(«А Валентина кто бездарностью обзывал? Не в сердцах, под диктофон. Неспроста такое предисловие. Щедрыми авансами матерые люди не разбрасываются. Серьезное „но“, ими оплаченное, обязательно последует… Драматизм отношений — ничего лучше для книги и не придумаешь».)
— …но у нее есть имидж, и она его очень охраняет. Ограниченному количеству людей разрешает войти в ландшафт своей души. И в наших разговорах о Раневской, о Чехове она это себе позволяла, и мне было очень интересно. Она служит в театре, а там без кокона нельзя, ведь ее театр политизированный, он весь строился на противоборстве с властью.
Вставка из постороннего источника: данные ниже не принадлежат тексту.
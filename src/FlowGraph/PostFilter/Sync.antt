-- ===== src/FlowGraph/PostFilter/Sync.antt =====
-- Variables and blocks that agree, and the setters.
use gr_digitizers.Prelude.{List, [], ◌∷◌, ◌≡◌, refl}
use gr_digitizers.Prelude.Result.{ok}
use gr_digitizers.FlowGraph.Arith.{Arith, After, lift-After, and_then-After, lift_bind-After}
use gr_digitizers.FlowGraph.PostFilter.{TopBlock, corrected, period, weight}
use gr_digitizers.FlowGraph.PostFilter.Setters.{
  Call, sqrt2, samp_rate, freq_max, pi, freq_min, decimate, call, calls, set_alpha_low, set_two_pi,
  set_sqrt2, set_freq_max, set_pi, set_freq_min, set_samp_rate, set_decimate, configure,
}
use gr_digitizers.FlowGraph.PostFilter.Steps.{
  with_two_pi, update_both-After, update_freq_max_corr-After, samp_rate-After,
}

module _ {V : Type 0} (N : Arith V) where
  -- The variables that others determine have the values that `__init__` computes, and the blocks'
  -- parameters are the variables.
  pub record Synced (s : TopBlock V) : Type 0 where
    pub corr_eq : corrected N s.vars.freq_max s.vars.sqrt2 ≡ ok s.derived.freq_max_corr
    pub ts_eq : period N s.vars.samp_rate ≡ ok s.derived.ts
    pub two_pi_eq : s.derived.two_pi ≡ N.mul (N.num 2) s.vars.pi
    pub low_eq : weight N s.derived.two_pi s.derived.ts s.vars.freq_min ≡ ok s.derived.alpha_low
    pub alpha_eq :
        weight N s.derived.two_pi s.derived.ts s.derived.freq_max_corr ≡ ok s.derived.alpha
    pub range_eq : N.div s.vars.samp_rate s.vars.decimate ≡ ok s.blocks.freq_sink_x_0_0
    pub low_tap : s.blocks.single_pole_iir_filter_xx_0_1 ≡ s.derived.alpha_low
    pub tap_0 : s.blocks.single_pole_iir_filter_xx_0_0 ≡ s.derived.alpha
    pub tap : s.blocks.single_pole_iir_filter_xx_0 ≡ s.derived.alpha
    pub time_rate : s.blocks.time_sink_rate ≡ s.vars.samp_rate
    pub freq_range : s.blocks.freq_sink_x_0 ≡ s.vars.samp_rate
    pub throttled : s.blocks.throttle ≡ s.vars.samp_rate
    pub source_0 : s.blocks.sig_source_x_0_0 ≡ s.vars.samp_rate
    pub source : s.blocks.sig_source_x_0 ≡ s.vars.samp_rate
    pub kept_0 : s.blocks.keep_one_in_n_0_0 ≡ s.vars.decimate
    pub kept : s.blocks.keep_one_in_n_0 ≡ s.vars.decimate

  pub call-Synced : (c : Call V) (s : TopBlock V) → Synced s → After Synced (call N c s)
  unfolding call set_sqrt2 set_freq_max set_pi set_freq_min set_samp_rate set_decimate set_two_pi
      set_alpha_low
  call-Synced (sqrt2 v) s h =
      update_freq_max_corr-After N Synced (record s { vars = record s.vars { sqrt2 = v } })
        λ x y e f. record {
          corr_eq = e;
          ts_eq = h.ts_eq;
          two_pi_eq = h.two_pi_eq;
          low_eq = h.low_eq;
          alpha_eq = f;
          range_eq = h.range_eq;
          low_tap = h.low_tap;
          tap_0 = refl;
          tap = refl;
          time_rate = h.time_rate;
          freq_range = h.freq_range;
          throttled = h.throttled;
          source_0 = h.source_0;
          source = h.source;
          kept_0 = h.kept_0;
          kept = h.kept;
        }
  call-Synced (samp_rate v) s h =
      samp_rate-After N Synced
        (record s {
          vars = record s.vars { samp_rate = v };
          blocks = record s.blocks { time_sink_rate = v };
        })
        v
        λ q ts x y e0 e1 e f. record {
          corr_eq = h.corr_eq;
          ts_eq = e1;
          two_pi_eq = h.two_pi_eq;
          low_eq = e;
          alpha_eq = f;
          range_eq = e0;
          low_tap = refl;
          tap_0 = refl;
          tap = refl;
          time_rate = refl;
          freq_range = refl;
          throttled = refl;
          source_0 = refl;
          source = refl;
          kept_0 = h.kept_0;
          kept = h.kept;
        }
  call-Synced (freq_max v) s h =
      update_freq_max_corr-After N Synced (record s { vars = record s.vars { freq_max = v } })
        λ x y e f. record {
          corr_eq = e;
          ts_eq = h.ts_eq;
          two_pi_eq = h.two_pi_eq;
          low_eq = h.low_eq;
          alpha_eq = f;
          range_eq = h.range_eq;
          low_tap = h.low_tap;
          tap_0 = refl;
          tap = refl;
          time_rate = h.time_rate;
          freq_range = h.freq_range;
          throttled = h.throttled;
          source_0 = h.source_0;
          source = h.source;
          kept_0 = h.kept_0;
          kept = h.kept;
        }
  call-Synced (pi v) s h =
      update_both-After N Synced
        (with_two_pi N (N.mul (N.num 2) v) (record s { vars = record s.vars { pi = v } }))
        λ x y e f. record {
          corr_eq = h.corr_eq;
          ts_eq = h.ts_eq;
          two_pi_eq = refl;
          low_eq = e;
          alpha_eq = f;
          range_eq = h.range_eq;
          low_tap = refl;
          tap_0 = refl;
          tap = refl;
          time_rate = h.time_rate;
          freq_range = h.freq_range;
          throttled = h.throttled;
          source_0 = h.source_0;
          source = h.source;
          kept_0 = h.kept_0;
          kept = h.kept;
        }
  call-Synced (freq_min v) s h =
      lift-After Synced (weight N s.derived.two_pi s.derived.ts v) (set_alpha_low N)
        (record s { vars = record s.vars { freq_min = v } })
        λ x e. record {
          corr_eq = h.corr_eq;
          ts_eq = h.ts_eq;
          two_pi_eq = h.two_pi_eq;
          low_eq = e;
          alpha_eq = h.alpha_eq;
          range_eq = h.range_eq;
          low_tap = refl;
          tap_0 = h.tap_0;
          tap = h.tap;
          time_rate = h.time_rate;
          freq_range = h.freq_range;
          throttled = h.throttled;
          source_0 = h.source_0;
          source = h.source;
          kept_0 = h.kept_0;
          kept = h.kept;
        }
  call-Synced (decimate v) s h =
      lift_bind-After Synced (N.div s.vars.samp_rate v)
        (λ q. configure (λ b. record b { freq_sink_x_0_0 = q }))
        (λ _. configure (λ b. record b { keep_one_in_n_0_0 = v; keep_one_in_n_0 = v }))
        (record s { vars = record s.vars { decimate = v } })
        λ q e. record {
          corr_eq = h.corr_eq;
          ts_eq = h.ts_eq;
          two_pi_eq = h.two_pi_eq;
          low_eq = h.low_eq;
          alpha_eq = h.alpha_eq;
          range_eq = e;
          low_tap = h.low_tap;
          tap_0 = h.tap_0;
          tap = h.tap;
          time_rate = h.time_rate;
          freq_range = h.freq_range;
          throttled = h.throttled;
          source_0 = h.source_0;
          source = h.source;
          kept_0 = refl;
          kept = refl;
        }

  pub calls-Synced : (cs : List (Call V)) (s : TopBlock V) → Synced s → After Synced (calls N cs s)
  unfolding calls
  calls-Synced [] s h = h
  calls-Synced (c ∷ cs) s h =
      and_then-After Synced (call N c s).0 _ (call N c s).1 (call-Synced c s h)
        λ _ k. calls-Synced cs _ k
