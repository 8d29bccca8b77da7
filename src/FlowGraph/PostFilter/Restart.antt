-- ===== src/FlowGraph/PostFilter/Restart.antt =====
-- Setting variables while the flow graph runs, against making it anew with their values.
use gr_digitizers.Prelude.{List, [], ◌∷◌, ◌≡◌, refl}
use gr_digitizers.Prelude.Result.{Result, ok, err, ◌>>=◌}
use gr_digitizers.Prelude.Exec.{Exec, and_then, OnOk}
use gr_digitizers.FlowGraph.Arith.{Arith, After, lift-After, lift_bind-After}
use gr_digitizers.FlowGraph.PostFilter.{Variables, TopBlock, corrected, period, weight, init}
use gr_digitizers.FlowGraph.PostFilter.Setters.{
  Call, sqrt2, samp_rate, freq_max, pi, freq_min, decimate, assigned, all_assigned, call, calls,
  set_alpha_low, set_two_pi, set_sqrt2, set_freq_max, set_pi, set_freq_min, set_samp_rate,
  set_decimate, configure,
}
use gr_digitizers.FlowGraph.PostFilter.Steps.{
  with_two_pi, update_both-After, update_freq_max_corr-After, samp_rate-After,
}
use gr_digitizers.FlowGraph.PostFilter.Sync.{Synced, calls-Synced}

module _ {V : Type 0} (N : Arith V) where
  -- The values of the variables after a call that returns.
  call-vars : (c : Call V) (s : TopBlock V) → After (λ t. t.vars ≡ assigned c s.vars) (call N c s)
  unfolding call set_sqrt2 set_freq_max set_pi set_freq_min set_samp_rate set_decimate set_two_pi
      set_alpha_low
  call-vars (sqrt2 v) s =
      update_freq_max_corr-After N (λ t. t.vars ≡ record s.vars { sqrt2 = v })
        (record s { vars = record s.vars { sqrt2 = v } }) λ x y e f. refl
  call-vars (samp_rate v) s =
      samp_rate-After N (λ t. t.vars ≡ record s.vars { samp_rate = v })
        (record s {
          vars = record s.vars { samp_rate = v };
          blocks = record s.blocks { time_sink_rate = v };
        })
        v λ q ts x y e0 e1 e f. refl
  call-vars (freq_max v) s =
      update_freq_max_corr-After N (λ t. t.vars ≡ record s.vars { freq_max = v })
        (record s { vars = record s.vars { freq_max = v } }) λ x y e f. refl
  call-vars (pi v) s =
      update_both-After N (λ t. t.vars ≡ record s.vars { pi = v })
        (with_two_pi N (N.mul (N.num 2) v) (record s { vars = record s.vars { pi = v } }))
        λ x y e f. refl
  call-vars (freq_min v) s =
      lift-After (λ t. t.vars ≡ record s.vars { freq_min = v })
        (weight N s.derived.two_pi s.derived.ts v) (set_alpha_low N)
        (record s { vars = record s.vars { freq_min = v } }) λ x e. refl
  call-vars (decimate v) s =
      lift_bind-After (λ t. t.vars ≡ record s.vars { decimate = v }) (N.div s.vars.samp_rate v)
        (λ q. configure (λ b. record b { freq_sink_x_0_0 = q }))
        (λ _. configure (λ b. record b { keep_one_in_n_0_0 = v; keep_one_in_n_0 = v }))
        (record s { vars = record s.vars { decimate = v } }) λ q e. refl

  and_then-After_of :
      (P Q : TopBlock V → Type 0) (m : Result (Unit {0}) × TopBlock V)
      (k : Exec (TopBlock V) (Unit {0}))
      → After P m
      → ((t : TopBlock V) → P t → After Q (k t))
      → After Q (and_then m.0 (λ _. k) m.1)
  and_then-After_of P Q (ok a, t) k p h = h t p
  and_then-After_of P Q (err e, t) k p h = tt

  calls-vars :
      (cs : List (Call V)) (s : TopBlock V)
      → After (λ t. t.vars ≡ all_assigned cs s.vars) (calls N cs s)
  unfolding calls
  calls-vars [] s = refl
  calls-vars (c ∷ cs) s =
      and_then-After_of (λ t. t.vars ≡ assigned c s.vars)
        (λ t. t.vars ≡ all_assigned cs (assigned c s.vars)) (call N c s) (calls N cs)
        (call-vars c s) λ t p. rw (← p) (calls-vars cs t)

  init-Synced :
      (s : TopBlock V)
      → Synced N s
      → init N s.vars
        ≡ ok (record s { blocks = record s.blocks { time_sink_size = s.vars.samp_rate } })
  unfolding init
  init-Synced s h = simp (
    h.corr_eq,
    h.ts_eq,
    ← h.two_pi_eq,
    h.low_eq,
    h.alpha_eq,
    h.range_eq,
    h.low_tap,
    h.tap_0,
    h.tap,
    h.time_rate,
    h.freq_range,
    h.throttled,
    h.source_0,
    h.source,
    h.kept_0,
    h.kept,
  )

  value_of :
      {A B : Type 0} (P : B → Type 0) (r : Result A) (k : A → Result B)
      → ((a : A) → r ≡ ok a → OnOk P (k a))
      → OnOk P (r >>= k)
  value_of P (ok a) k h = h a refl
  value_of P (err e) k h = tt

  -- What `__init__` makes of the values `v`.
  abbrev Made : Variables V → TopBlock V → Type 0
  Made v s = Synced N s × (s.vars ≡ v)

  init-Made : (v : Variables V) → OnOk (Made v) (init N v)
  unfolding init
  init-Made v = value_of (Made v) (corrected N v.freq_max v.sqrt2) _ λ x e0.
      value_of (Made v) (period N v.samp_rate) _ λ ts e1.
        value_of (Made v) (weight N (N.mul (N.num 2) v.pi) ts v.freq_min) _ λ low e2.
          value_of (Made v) (weight N (N.mul (N.num 2) v.pi) ts x) _ λ y e3.
            value_of (Made v) (N.div v.samp_rate v.decimate) _ λ q e4. (
              record {
                corr_eq = e0;
                ts_eq = e1;
                two_pi_eq = refl;
                low_eq = e2;
                alpha_eq = e3;
                range_eq = e4;
                low_tap = refl;
                tap_0 = refl;
                tap = refl;
                time_rate = refl;
                freq_range = refl;
                throttled = refl;
                source_0 = refl;
                source = refl;
                kept_0 = refl;
                kept = refl;
              },
              refl,
            )

  -- Where a sequence of setters of the variables returns, __init__ with the new values returns too
  -- and makes the same flow graph, but for the size of the time sink, which it sets to the new
  -- sampling rate.
  pub calls_restart :
      (v : Variables V) (cs : List (Call V)) (s t : TopBlock V)
      → init N v ≡ ok s
      → calls N cs s ≡ (ok tt, t)
      → init N (all_assigned cs v)
        ≡ ok (record t { blocks = record t.blocks { time_sink_size = t.vars.samp_rate } })
  calls_restart v cs s t made ran =
      let start : OnOk (Made v) (ok s) = rw made at (init-Made v) in
      let synced : After (Synced N) (ok tt, t) = rw ran at (calls-Synced N cs s start.0) in
      let vars : t.vars ≡ all_assigned cs s.vars = rw ran at (calls-vars cs s) in
      rw (← start.1, ← vars) (init-Synced t synced)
Это был как бы узаконенный левый театр, как бы ручеек свободы. Но он моментально кончился — там, где нет искусства, а есть борьба с властью или, что еще хуже, управление искусством, — там все плохо кончается…
(«Да если б только там! И умирают театры на миру, и смерть их совсем не красна…»)
— Стелла это прекрасно понимает, она никогда не играла в политические игры, для нее искусство и творчество самоцельны. Поэтому она всегда жила в раздвоении, я это понимал и никогда не обижался.
(«Просто так слово „обида“ не упоминают. Когда говорят „я не хотел вас обидеть“ — хотят, „не обижаюсь“ — обижаются».)
Последним был эстрадник, который, видимо, сказал не совсем то и совсем не так, как хотел бы Эраст.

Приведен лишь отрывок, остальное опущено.